He jumped as if he’d been goosed. Not bothering to hide a smile, Mrs. Hughes edged past him smoothly, gently touching his arm as she passed. She was immediately blessed with Mrs. Patmore’s attention.

“Not another change?! I can’t produce something from nothing. It’s not a cook in a kitchen they need - it’s the Almighty Creator in the Garden of Eden!”

Mrs. Hughes used her calmest tone to inform Mrs. Patmore that the family wasn’t expecting creation ex nihilo. “The extra cuts we needed to order will be here in an hour, Mrs. Patmore. I hope that gives you enough time…”

“Only just,” the frazzled cook muttered. She and Daisy glanced at each other in wordless communication. Mrs. Hughes was relieved when they nodded.

“Your efforts aren’t going unnoticed,” Mrs. Hughes informed them. “In fact, I believe Mr. Carson was waiting to tell you how much all your work has been appreciated this year.” Her smile in his direction was somewhat mischievous, but her raised eyebrows demanded that he respond.

“Of course,” he rumbled in his most impressive voice - the one his wife referred to as “style and show”. “That’s exactly what I was hoping to convey—“

Mrs. Patmore looked skeptical for a moment. “Well, I appreciate you staying out of our way while you worked yourself up to it, Mr. Carson. And thank you very much.”

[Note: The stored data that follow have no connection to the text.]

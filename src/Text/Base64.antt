-- ===== src/Text/Base64.antt =====
-- `base64.StdEncoding.EncodeToString`, and the decoder of RFC 4648 that undoes it.
pub mod RoundTrip
use mcp_ssh_workspace.Common.{
  ℕ, ◌+◌, ◌-◌, ◌*◌, ◌/◌, ◌%◌, ◌≡◌, refl, Option, none, some, List, [], ◌∷◌, ◌++◌, Bytes, codes,
  ◌==◌, ltb, leb, ◌&&◌, if◌then◌else◌,
}

unfoldable pub letter : ℕ → ℕ
letter n =
    if ltb n 26
    then b'A' + n
    else if ltb n 52
    then b'a' + (n - 26)
    else if ltb n 62
    then b'0' + (n - 52)
    else if n == 62
    then b'+'
    else b'/'

abbrev pub pad : ℕ
pad = b'='

unfoldable pub encode : Bytes → Bytes
encode [] = []
encode (a ∷ []) = letter (a / 4) ∷ letter (a % 4 * 16) ∷ pad ∷ pad ∷ []
encode (a ∷ b ∷ []) = letter (a / 4) ∷ letter (a % 4 * 16 + b / 16) ∷ letter (b % 16 * 4) ∷ pad ∷ []
encode (a ∷ b ∷ c ∷ s) =
    letter (a / 4)
    ∷ letter (a % 4 * 16 + b / 16)
    ∷ letter (b % 16 * 4 + c / 64)
    ∷ letter (c % 64)
    ∷ encode s

-- The number of a letter, 64 for the padding, and 65 for any other byte.
unfoldable pub number : ℕ → ℕ
number c =
    if leb b'A' c && leb c b'Z'
    then c - b'A'
    else if leb b'a' c && leb c b'z'
    then c - b'a' + 26
    else if leb b'0' c && leb c b'9'
    then c - b'0' + 52
    else if c == b'+'
    then 62
    else if c == b'/'
    then 63
    else if c == pad
    then 64
    else 65

abbrev pub prepend : Bytes → Option Bytes → Option Bytes
prepend p none = none
prepend p (some s) = some (p ++ s)

-- Four letters, of which the last two may be padding at the end.
unfoldable pub group : ℕ → ℕ → ℕ → ℕ → Bytes → Option Bytes → Option Bytes
group w x y z rest decoded =
    if ltb w 64 && ltb x 64 && ltb y 64 && ltb z 64
    then prepend ((w * 4 + x / 16) ∷ (x % 16 * 16 + y / 4) ∷ (y % 4 * 64 + z) ∷ []) decoded
    else elim rest [
      | [] ↦
          if ltb w 64 && ltb x 64 && ltb y 64 && z == 64
          then some ((w * 4 + x / 16) ∷ (x % 16 * 16 + y / 4) ∷ [])
          else if ltb w 64 && ltb x 64 && y == 64 && z == 64
          then some ((w * 4 + x / 16) ∷ [])
          else none
      | c ∷ s ↦ none
    ]

unfoldable pub decode : Bytes → Option Bytes
decode [] = some []
decode (a ∷ b ∷ c ∷ d ∷ s) = group (number a) (number b) (number c) (number d) s (decode s)
decode _ = none

encode_runs : encode (codes "hello") ≡ codes "aGVsbG8="
unfolding encode letter
encode_runs = refl

decode_runs : decode (codes "aGVsbG8=") ≡ some (codes "hello")
unfolding decode number group
decode_runs = refl
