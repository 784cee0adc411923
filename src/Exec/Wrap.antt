-- ===== src/Exec/Wrap.antt =====
-- `WrapCommand` of internal/sshclient/exec.go.
pub mod Safety
use mcp_ssh_workspace.Common.{
  ℕ, ◌≡◌, refl, Bool, true, false, not, List, [], ◌∷◌, ◌++◌, Bytes, codes, eqb, if◌then◌else◌,
}
use mcp_ssh_workspace.Text.Quote.{quote}
use mcp_ssh_workspace.Text.Base64.{encode}
use mcp_ssh_workspace.Exec.Markers.{mcp_exit, mcp_cwd}

abbrev pub askpass_file : Bytes
askpass_file =
    codes
      "_AP=$(mktemp /tmp/.mcp_ap.XXXXXX 2>/dev/null || mktemp ~/.cache/.mcp_ap.XXXXXX 2>/dev/null || echo \"/tmp/.mcp_ap_$$\")\n"

abbrev pub askpass_head : Bytes
askpass_head = codes "cat << 'EOF_MCP_AP' > \"$_AP\"\n#!/bin/sh\ncat << 'EOF_MCP_PW'\n"

abbrev pub askpass_tail : Bytes
askpass_tail =
    codes "\nEOF_MCP_PW\nEOF_MCP_AP\n"
    ++ (codes "chmod 700 \"$_AP\" 2>/dev/null\n"
        ++ (codes "export SUDO_ASKPASS=\"$_AP\"\n"
            ++ (codes "sudo() { command sudo -A \"$@\"; }\n"
                ++ codes "trap 'rm -f \"$_AP\" 2>/dev/null' EXIT INT TERM HUP\n")))

-- The lines that set up `sudo -A` with a program that prints the password.
abbrev pub sudo_setup : Bytes → Bytes
sudo_setup sudo_password = askpass_file ++ (askpass_head ++ (sudo_password ++ askpass_tail))

-- The lines behind the command: its exit code and the directory, behind their markers.
abbrev pub footer : Bytes
footer =
    codes "\n__EC__=$?\n"
    ++ (codes "echo -n \"" ++ (mcp_exit ++ (codes ":$__EC__:" ++ (mcp_cwd ++ codes ":\" && pwd"))))

abbrev pub setup : Bytes → Bytes
setup sudo_password = if not (eqb sudo_password []) then sudo_setup sudo_password else []

-- The table of `unicode.IsPrint` is a parameter, as it is for `%q`.
module _ (is_print : ℕ → Bool) where
  abbrev pub cd_line : Bytes → Bytes
  cd_line active_cwd = codes "cd " ++ (quote is_print active_cwd ++ codes " 2>/dev/null || cd /\n")

  -- The script that the remote shell runs.
  unfoldable pub raw_script : Bytes → Bytes → Bytes → Bytes
  unfolding eqb quote
  raw_script cmd active_cwd sudo_password =
      cd_line active_cwd ++ (setup sudo_password ++ (cmd ++ footer))

  unfoldable pub wrap_command : Bytes → Bytes → Bytes → Bytes × Bytes × Bytes
  unfolding raw_script encode
  wrap_command cmd active_cwd sudo_password =
      let b64_script = encode (raw_script cmd active_cwd sudo_password) in
      (
        codes "sh -c 'echo "
            ++ (b64_script ++ codes " | (base64 -d 2>/dev/null || base64 -D) | sh'"),
        mcp_exit,
        mcp_cwd,
      )
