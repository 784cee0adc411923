-- ===== src/Exec/Finish.antt =====
-- What the goroutines of `RunCommand` do to a task when its session has ended, one shared write at
-- a time: another goroutine may read the task between any two of them.
pub mod Visible
use mcp_ssh_workspace.Common.{
  ◌≡◌, Bool, true, false, Option, none, some, List, [], ◌∷◌, Bytes, if◌then◌else◌,
}
use mcp_ssh_workspace.Common.Int.{ℤ, pos}
use mcp_ssh_workspace.Common.Result.{Result, ok, err, panic}
use mcp_ssh_workspace.Tasks.{Task}

-- What `sess.Wait()` returns but for `nil`: an `*ssh.ExitError` with its status, or another error
-- with its text.
pub data WaitError : Type 0 where
  exit_error : ℤ → WaitError
  other_error : Bytes → WaitError

pub data FinishStep : Type 0 where
  store_completed close_done close_session : FinishStep
  store_result : Option WaitError → FinishStep

abbrev pub set_result : Option WaitError → Task → Task
set_result none t = record t { exit_code = pos 0 }
set_result (some (exit_error status)) t = record t { exit_code = status }
set_result (some (other_error msg)) t = record t { error_msg = msg }

-- Closing a channel that is closed panics.
unfoldable pub apply_step : FinishStep → Task → Result (Unit {0}) Task
apply_step store_completed t = ok (record t { completed = true })
apply_step close_done t = if t.done_closed then panic else ok (record t { done_closed = true })
apply_step close_session t = ok t
apply_step (store_result e) t = ok (set_result e t)

unfoldable pub run_steps : List FinishStep → Task → Result (Unit {0}) Task
unfolding apply_step
run_steps [] t = ok t
run_steps (s ∷ steps) t = elim (apply_step s t) [
  | ok t' ↦ run_steps steps t'
  | err e ↦ err e
  | panic ↦ panic
]

-- The goroutine of a daemon, and that of a command that was detached.
abbrev pub background_steps : Option WaitError → List FinishStep
background_steps e = store_completed ∷ close_done ∷ store_result e ∷ close_session ∷ []

-- The branch of a command that ended in time.
abbrev pub foreground_steps : List FinishStep
foreground_steps = store_completed ∷ close_done ∷ close_session ∷ []
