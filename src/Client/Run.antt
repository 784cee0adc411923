-- ===== src/Client/Run.antt =====
-- `RunCommand` of internal/sshclient/exec.go.
pub mod Ended
pub mod Reported
pub mod Registered
pub mod Valid
use mcp_ssh_workspace.Common.{
  ℕ, ◌≡◌, Bool, true, false, not, ◌&&◌, Option, none, some, List, [], ◌∷◌, ◌++◌, Bytes, codes, eqb,
  if◌then◌else◌,
}
use mcp_ssh_workspace.Common.Int.{ℤ, pos, is_nonpos}
use mcp_ssh_workspace.Common.Result.{Result, ok, err, panic}
use mcp_ssh_workspace.Text.Search.{has_prefix}
use mcp_ssh_workspace.Text.Trim.{trim_space}
use mcp_ssh_workspace.Config.{Machine, is_zero}
use mcp_ssh_workspace.Tasks.{Task, TaskManager, register, update}
use mcp_ssh_workspace.Exec.Wrap.{wrap_command}
use mcp_ssh_workspace.Exec.Markers.{mcp_exit, mcp_cwd, parse_command_markers}
use mcp_ssh_workspace.Exec.Finish.{
  WaitError, exit_error, other_error, FinishStep, run_steps, foreground_steps,
}
use mcp_ssh_workspace.Client.{
  Client, Network, Dialled, connected, failed, ConnectError, set_sudo_password, set_cwd,
  ensure_connected,
}

pub record ExecResult : Type 0 where
  pub stdout : Bytes
  pub stderr : Bytes
  pub exit_code : ℤ
  pub cwd : Bytes
  pub is_async : Bool
  pub task_id : Bytes

-- No options are options with the zero values.
pub record CommandOptions : Type 0 where
  pub sudo_password : Bytes
  pub run_as_sudo : Bool

pub data RunError : Type 0 where
  not_connected : ConnectError → RunError
  session_failed stdin_failed start_failed : Bytes → RunError

-- Which channel the `select` answers first, with what was written to the two buffers until then: the
-- command ended, and `Wait` answered its error; or the time was over.
pub data Race : Type 0 where
  ended : Option WaitError → Bytes → Bytes → Race
  timed_out : Bytes → Bytes → Race

-- The calls of the SSH library for one session. `now` is the clock.
pub record Sessions (W : Type 0) : Type 0 where
  pub new_session : ℕ → W → Dialled × W
  pub stdin_pipe : ℕ → W → Dialled × W
  pub start : ℕ → Bytes → W → Option Bytes × W
  pub close_session : ℕ → W → W
  pub race : ℕ → ℤ → W → Race × W
  pub now : W → ℕ

abbrev pub active_cwd : Bytes → Client → Bytes
active_cwd target_cwd c = if eqb target_cwd [] then c.current_cwd else target_cwd

-- The command that the option runs as root, unless it starts with `sudo` itself.
unfoldable pub sudo_command : CommandOptions → Bytes → Bytes
sudo_command opt cmd =
    if opt.run_as_sudo && not (has_prefix (trim_space cmd) (codes "sudo"))
    then codes "sudo " ++ cmd
    else cmd

-- A password of the options is kept for later commands.
unfoldable pub keep_sudo : CommandOptions → Client → Client
keep_sudo opt c =
    if not (eqb opt.sudo_password []) then set_sudo_password opt.sudo_password c else c

-- The exit status that `Wait` knows counts if the markers told none.
abbrev pub exit_code_of : Option WaitError → ℤ → ℤ
exit_code_of none code = code
exit_code_of (some (other_error msg)) code = code
exit_code_of (some (exit_error status)) code = if is_zero code then status else code

abbrev pub with_output : Bytes → Bytes → Task → Task
with_output stdout stderr t = record t { stdout = stdout; stderr = stderr }

-- What the end of its session does to a task. Closing a channel that is closed panics.
abbrev pub end_task : Bytes → Bytes → Task → Result (Unit {0}) Task
end_task stdout stderr t = run_steps foreground_steps (with_output stdout stderr t)

-- The result, and the task as it is left; an empty directory stands for the client's own.
unfoldable pub ended_result :
    ExecResult
    → Bytes
    → Result (Unit {0}) Task
    → Bytes
    → Client
    → Result RunError ExecResult × Client
ended_result result new_cwd (ok t) id c =
    let c' = record c { task_mgr = update id (λ _. t) c.task_mgr } in
    (ok result, if not (eqb new_cwd []) then set_cwd new_cwd c' else c')
ended_result result new_cwd (err e) id c = (panic, c)
ended_result result new_cwd panic id c = (panic, c)

-- The branch of a command that ended in time, for its task.
unfoldable pub command_ended :
    Task → Bytes → Option WaitError → Bytes → Bytes → Client → Result RunError ExecResult × Client
unfolding ended_result
command_ended t active e raw_stdout raw_stderr c =
    let (clean_stdout, new_cwd, code) = parse_command_markers raw_stdout mcp_exit mcp_cwd in
    ended_result
      (record {
        stdout = clean_stdout;
        stderr = raw_stderr;
        exit_code = exit_code_of e code;
        cwd = if not (eqb new_cwd []) then new_cwd else active;
        is_async = false;
        task_id = [];
      })
      new_cwd (end_task raw_stdout raw_stderr t) t.id c

-- The branch of a command that goes on in the background.
unfoldable pub command_detached : Bytes → Bytes → Bytes → Bytes → Client → ExecResult × Client
command_detached id active raw_stdout raw_stderr c = (
  record {
    stdout = raw_stdout;
    stderr = raw_stderr;
    exit_code = pos 0;
    cwd = active;
    is_async = true;
    task_id = id;
  },
  record c { task_mgr = update id (with_output raw_stdout raw_stderr) c.task_mgr },
)

unfoldable pub after_race : Task → Bytes → Race → Client → Result RunError ExecResult × Client
after_race t active (ended e stdout stderr) c = command_ended t active e stdout stderr c
after_race t active (timed_out stdout stderr) c =
    let (result, c') = command_detached t.id active stdout stderr c in (ok result, c')

abbrev Outcome : Type 0 → Type 0
Outcome W = Result RunError ExecResult × Client × W

module _ {W : Type 0} (s : Sessions W) (cmd script active : Bytes) (is_daemon : Bool)
    (wait_ms : ℤ) where
  -- The session of a command that ended is closed.
  abbrev pub race_world : ℕ → Race → W → W
  race_world sess (ended e stdout stderr) w = s.close_session sess w
  race_world sess (timed_out stdout stderr) w = w

  -- The session runs, so the task is registered.
  unfoldable pub session_started : ℕ → ℕ → Client → W → Outcome W
  session_started sess stdin c w =
      let (t, tasks) = register cmd active (s.now w) sess stdin [] [] c.task_mgr in
      let c' = record c { task_mgr = tasks } in
      let (race, w') = s.race sess (if is_nonpos wait_ms then pos 5000 else wait_ms) w in
      let (detached, c_detached) = command_detached t.id active [] [] c' in
      let (result, c_after) = after_race t active race c' in
      if is_daemon then (ok detached, c_detached, w) else (result, c_after, race_world sess race w')

  unfoldable pub try_start : ℕ → ℕ → Client → Option Bytes × W → Outcome W
  try_start sess stdin c (some why, w) = (err (start_failed why), c, s.close_session sess w)
  try_start sess stdin c (none, w) = session_started sess stdin c w

  unfoldable pub try_stdin : ℕ → Client → Dialled × W → Outcome W
  try_stdin sess c (failed why, w) = (err (stdin_failed why), c, s.close_session sess w)
  try_stdin sess c (connected stdin, w) = try_start sess stdin c (s.start sess script w)

  unfoldable pub try_session : Client → Dialled × W → Outcome W
  try_session c (failed why, w) = (err (session_failed why), c, w)
  try_session c (connected sess, w) = try_stdin sess c (s.stdin_pipe sess w)

  -- A `nil` client panics.
  unfoldable pub with_ssh : Option ℕ → Client → W → Outcome W
  with_ssh none c w = (panic, c, w)
  with_ssh (some cli) c w = try_session c (s.new_session cli w)

  unfoldable pub after_ssh : Option ConnectError × Client × W → Outcome W
  after_ssh (some e, c, w) = (err (not_connected e), c, w)
  after_ssh (none, c, w) = with_ssh c.ssh_client c w

-- The table of `unicode.IsPrint` is a parameter, as it is for `%q`.
module _ {W : Type 0} (m : Machine) (n : Network W) (s : Sessions W) (is_print : ℕ → Bool) where
  unfoldable pub run_ready :
      Bytes → Bytes → Bool → ℤ → CommandOptions → Option ConnectError × Client × W → Outcome W
  run_ready cmd target_cwd is_daemon wait_ms opt (some e, c, w) = (err (not_connected e), c, w)
  run_ready cmd target_cwd is_daemon wait_ms opt (none, c, w) =
      let active = active_cwd target_cwd c in
      let cmd' = sudo_command opt cmd in
      let c' = keep_sudo opt c in
      let script = (wrap_command is_print cmd' active c'.sudo_password).0 in
      after_ssh s cmd' script active is_daemon wait_ms (ensure_connected m n c' w)

  unfoldable pub run_command : Bytes → Bytes → Bool → ℤ → CommandOptions → Client → W → Outcome W
  run_command cmd target_cwd is_daemon wait_ms opt c w =
      run_ready cmd target_cwd is_daemon wait_ms opt (ensure_connected m n c w)
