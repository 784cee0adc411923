-- ===== src/Client/Run/Registered.antt =====
-- Whether `RunCommand` registers a task.
use mcp_ssh_workspace.Common.{
  ℕ, ◌≡◌, ◌⊎◌, inl, inr, refl, ◌∙◌, Bool, true, false, if◌then◌else◌, Bool-cases, Option, none,
  some, [], Bytes, eqb,
}
use mathlib.Core.Bool.{false≢true}
use mcp_ssh_workspace.Common.Int.{ℤ, pos, is_nonpos}
use mcp_ssh_workspace.Common.Result.{Result, ok, err}
use mcp_ssh_workspace.Config.{Machine}
use mcp_ssh_workspace.Tasks.{Task, register}
use mcp_ssh_workspace.Exec.Finish.{run_steps}
use mcp_ssh_workspace.Exec.Wrap.{wrap_command}
use mcp_ssh_workspace.Client.{
  Client, Network, Dialled, connected, failed, ConnectError, is_connected, set_sudo_password,
  ensure_connected,
}
use mcp_ssh_workspace.Client.Connecting.{ensure-SameManagers, ensure_connected-Ready}
use mcp_ssh_workspace.Client.Run.{
  Race, ended, timed_out, after_race, command_ended, ended_result, end_task, ExecResult,
  CommandOptions, RunError, not_connected, session_failed, stdin_failed, start_failed, Sessions,
  active_cwd, sudo_command, keep_sudo, session_started, try_start, try_stdin, try_session, with_ssh,
  after_ssh, run_ready, run_command,
}

-- A result, or an error that leaves the tasks as they are.
abbrev pub Registers : {W : Type 0} → Client → Result RunError ExecResult × Client × W → Type 0
Registers c x =
    ((res : ExecResult) × (x.0 ≡ ok res))
    ⊎ ((why : RunError) × (x.0 ≡ err why) × (x.1.task_mgr ≡ c.task_mgr))

Registers-same :
    {W : Type 0}
    → (c c' : Client) (x : Result RunError ExecResult × Client × W) → c'.task_mgr ≡ c.task_mgr
    → Registers c' x
    → Registers c x
Registers-same c c' x same (inl done) = inl done
Registers-same c c' x same (inr (why, e, kept)) = inr (why, e, kept ∙ same)

-- The end of a session closes the channel of a task once, so that it does not panic if the channel is
-- open.
end_answers :
    (result : ExecResult) (new_cwd stdout stderr : Bytes) (t : Task) (c : Client)
    → t.done_closed ≡ false
    → (ended_result result new_cwd (end_task stdout stderr t) t.id c).0 ≡ ok result
unfolding ended_result run_steps
end_answers result new_cwd stdout stderr t c waiting = rw waiting refl

race_answers :
    (t : Task) (active : Bytes) (race : Race) (c : Client)
    → t.done_closed ≡ false
    → (res : ExecResult) × ((after_race t active race c).0 ≡ ok res)
unfolding after_race command_ended
race_answers t active (ended e stdout stderr) c waiting =
    (_, end_answers _ _ stdout stderr t c waiting)
race_answers t active (timed_out stdout stderr) c waiting = (_, refl)

module _ {W : Type 0} (s : Sessions W) (cmd script active : Bytes) (is_daemon : Bool)
    (wait_ms : ℤ) where
  started-Registers :
      (sess stdin : ℕ) (c : Client) (w : W)
      → Registers c (session_started s cmd script active is_daemon wait_ms sess stdin c w)
  unfolding session_started register
  started-Registers sess stdin c w =
      let (race, w') = s.race sess (if is_nonpos wait_ms then pos 5000 else wait_ms) w in
      let (t, tasks) = register cmd active (s.now w) sess stdin [] [] c.task_mgr in
      elim (Bool-cases is_daemon) [
        | inl e ↦ rw e (inl (_, refl))
        | inr e ↦ rw e (inl (race_answers t active race (record c { task_mgr = tasks }) refl))
      ]

  start-Registers :
      (sess stdin : ℕ) (c : Client) (answer : Option Bytes × W)
      → Registers c (try_start s cmd script active is_daemon wait_ms sess stdin c answer)
  unfolding try_start
  start-Registers sess stdin c (some why, w) = inr (start_failed why, refl, refl)
  start-Registers sess stdin c (none, w) = started-Registers sess stdin c w

  stdin-Registers :
      (sess : ℕ) (c : Client) (answer : Dialled × W)
      → Registers c (try_stdin s cmd script active is_daemon wait_ms sess c answer)
  unfolding try_stdin
  stdin-Registers sess c (failed why, w) = inr (stdin_failed why, refl, refl)
  stdin-Registers sess c (connected stdin, w) = start-Registers sess stdin c (s.start sess script w)

  session-Registers :
      (c : Client) (answer : Dialled × W)
      → Registers c (try_session s cmd script active is_daemon wait_ms c answer)
  unfolding try_session
  session-Registers c (failed why, w) = inr (session_failed why, refl, refl)
  session-Registers c (connected sess, w) = stdin-Registers sess c (s.stdin_pipe sess w)

  ssh-Registers :
      (handle : Option ℕ) (c : Client) (w : W)
      → c.ssh_client ≡ handle
      → is_connected c ≡ true
      → Registers c (with_ssh s cmd script active is_daemon wait_ms handle c w)
  unfolding with_ssh is_connected
  ssh-Registers none c w e up = absurd (false≢true (rw e at up))
  ssh-Registers (some cli) c w e up = session-Registers c (s.new_session cli w)

  after-Registers :
      (c : Client) (r : Option ConnectError × Client × W)
      → r.1.task_mgr ≡ c.task_mgr
      → (r.0 ≡ none → is_connected r.1 ≡ true)
      → Registers c (after_ssh s cmd script active is_daemon wait_ms r)
  unfolding after_ssh
  after-Registers c (some e, c', w) same up = inr (not_connected e, refl, same)
  after-Registers c (none, c', w) same up =
      Registers-same c c' (with_ssh s cmd script active is_daemon wait_ms c'.ssh_client c' w) same
        (ssh-Registers c'.ssh_client c' w refl (up refl))

module _ {W : Type 0} (m : Machine) (n : Network W) (s : Sessions W) (is_print : ℕ → Bool)
    (cmd target_cwd : Bytes) (is_daemon : Bool) (wait_ms : ℤ) (opt : CommandOptions) where
  keep_tasks : (c : Client) → (keep_sudo opt c).task_mgr ≡ c.task_mgr
  unfolding keep_sudo set_sudo_password
  keep_tasks c = elim (Bool-cases (eqb opt.sudo_password [])) [
    | inl e ↦ rw e refl
    | inr e ↦ rw e refl
  ]

  ready-Registers :
      (c : Client) (r : Option ConnectError × Client × W)
      → r.1.task_mgr ≡ c.task_mgr
      → Registers c (run_ready m n s is_print cmd target_cwd is_daemon wait_ms opt r)
  unfolding run_ready
  ready-Registers c (some e, c', w) same = inr (not_connected e, refl, same)
  ready-Registers c (none, c', w) same =
      let d = keep_sudo opt c' in
      after-Registers s (sudo_command opt cmd)
        (wrap_command is_print (sudo_command opt cmd) (active_cwd target_cwd c') d.sudo_password).0
        (active_cwd target_cwd c') is_daemon wait_ms c (ensure_connected m n d w)
        ((ensure-SameManagers m n d w).0 ∙ keep_tasks c' ∙ same)
        (λ ok. (ensure_connected-Ready m n d w ok).0)

  -- `run_command` answers a result, or an error; it never panics on a missing client. With an error
  -- the tasks are what they were.
  pub run-Registers :
      (c : Client) (w : W)
      → Registers c (run_command m n s is_print cmd target_cwd is_daemon wait_ms opt c w)
  unfolding run_command
  run-Registers c w = ready-Registers c (ensure_connected m n c w) (ensure-SameManagers m n c w).0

Mr. Carson’s eyes followed his wife until she disappeared into hr sitting room with a single, curious backward glance at him as he stayed rooted in the doorway. 

“Have you a moment, Mrs. Patmore?” he asked, his tone making it less of a question than an order.

Mrs. Patmore rolled her eyes vigorously. “As it happens, I don’t, Mr. Carson. But if it’ll get you out of my kitchen…”

Going no further down the corridor than it took to afford them some privacy, Mr. Carson stopped and faced the impatient cook. Bending closer, he lowered his voice to an approximation of a whisper, which likely couldn’t be heard above three or four feet away.

“Mrs. Patmore, has Mrs. Hughes mentioned anything to you about something she might want?”

Mrs. Patmore’s eyebrows shot up into her cap and she shook her head vigorously.

“Oh no! We’re not doing this again!” At his bewildered expression, she crossed her arms and scowled. “You’re married now; bloody well talk to each other about…about this sort of thing.”

“What?! What are you…” As understanding began to dawn, his eyes widened in shock. “Mrs. Patmore! I didn’t mean… I wasn’t talking about…” Good God almighty…she can’t think… Taking a deep breath, he closed his eyes and counted to eighteen before he was able to look at her again. “I only meant for Christmas, Mrs. Patmore.”

“Christmas? You mean for a gift?” At his nod, she broke into a grin. “Well, that’s a relief, I don’t mind telling you.”

Mr. Carson could only nod again. They were beginning to attract some attention as Daisy popped her head out of the kitchen doorway to roll her eyes exasperatedly and Andy bustled past them with an armful of trays.

“Sorry I can’t be of help,” she replied with a chuckle. “We’ve never discussed our letters to Father Christmas.”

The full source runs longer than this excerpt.